W samochodzie przy rozruchu na ciepłym silniku pojawiało się bardzo dziwne grzechotanie. Auto z racji małego przebiegu rzędu 50 tyś km wyglądało pod spodem praktycznie jak nowe i ciężko było się spodziewać zużytych podzespołów. Dźwięk było słychać tylko przez około sekundę a potem zanikał. Utrudniało to szukanie źródła hałasu. Ciekawe było także to, że przy zimnym silniku problem nie występował. Do jednej z prób zdemontowaliśmy czujnik położenia pedału sprzęgła aby mieć możliwość odpalenia silnika bez wciskania sprzęgła. Normalnie Astra ma zabezpieczenie które nie pozwala na rozruch silnika przy puszczonym sprzęgle  Dało to wyraźny efekt pogorszenia się sytuacji. Takie zachowanie jest typowe dla uszkodzonego koła dwumasowego i w tą stronę poszły dalsze poszukiwania. Tym razem pomogła „mądrość internetu”, mając już trop i wpisując odpowiednie hasła w wyszukiwarkę, znaleźliśmy kilka artykułów odnośnie wadliwych kół dwumasowych montowanych w niektórych modelach Opla z silnikami 1.4 Turbo. Dobry warsztat samochodowy nie wstydzi się przyznać, że szuka wiedzy a nie usiłuje zgadywać.

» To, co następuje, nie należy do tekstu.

-- ===== src/Ffi/Driver/Stop.antt =====
-- The end of a driver, when its session is destroyed.
use vproc.Prelude.{ℕ, ◌≡◌, refl, Bool, true, Option, none, arith}
use vproc.Prelude.Int.{ℤ}
use vproc.Prelude.Assoc.{lookup}
use vproc.Coroutine.{VPid}
use vproc.Executor.Step.{World}
use vproc.Vfd.Tables.{get_table, cleanup}
use vproc.Ffi.Session.{SpawnRequest}
use vproc.Ffi.Driver.{DriverState, returns, reap, stop_driver, driver_round}

module _ {ℓ} {K : Type ℓ} (load : SpawnRequest → World × K → Option VPid × World × K)
    (dup3 : ℤ → ℤ → K → ℤ × K) (body : ℕ → World × K → World × K) (is_dead : ℕ → World × K → Bool)
    (real_close : ℤ → K → K) where
  -- The driver of a session that is shut down returns in its next round, and leaves no descriptor
  -- table behind for any process: also those of the other sessions, which still run, are gone, since
  -- all sessions share the storage. It serves no request and answers no waiter on the way.
  pub driver_round_stops :
      (d : DriverState K)
      → d.session.shutdown ≡ true
      → (driver_round load dup3 body is_dead real_close d ≡ returns (stop_driver real_close d))
        × ((vpid : VPid) → get_table (stop_driver real_close d).fds vpid ≡ none)
        × ((stop_driver real_close d).spawned ≡ d.spawned)
        × ((stop_driver real_close d).exits ≡ d.exits)
        × ((stop_driver real_close d).session.waiters ≡ d.session.waiters)
  unfolding driver_round stop_driver reap get_table cleanup lookup
  driver_round_stops d h = (ground (arith, h), λ vpid. refl, refl, refl, refl)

Naprawa usterki (szybko poszło)

W tej sytuacji nie było innego wyjścia jak demontaż skrzyni biegów i oględziny. Po zdjęciu skrzyni biegów był dostęp do sprzęgła i koła zamachowego. Zgodnie z oczekiwaniami wszystko wyglądało prawie jak nowe, jedynie łożysko oporowe szumiało. Samo koło dwumasowe miało wyraźny luz jednak nie tak duży z jakim często się spotykamy. Tutaj jednak objawy też nie były dokładnie takie jakie zazwyczaj, więc wersja o wadzie fabrycznej pasowała do nich. Samo sprzęgło i docisk wyglądały bardzo dobrze. Jednak ze względu na stan łożyska oporowego i konieczności wymiany koła zamachowego, wraz z klientem podjęliśmy decyzję o wymianie kompletnego sprzęgła. Pozostawienie używanych części pomiędzy dwoma nowymi nie wzbudzało zaufania. Naszym zdaniem taka praktyka powinna być standardem w każdym serwisie, ale możecie nie wierzyć, nie zawsze tak jest.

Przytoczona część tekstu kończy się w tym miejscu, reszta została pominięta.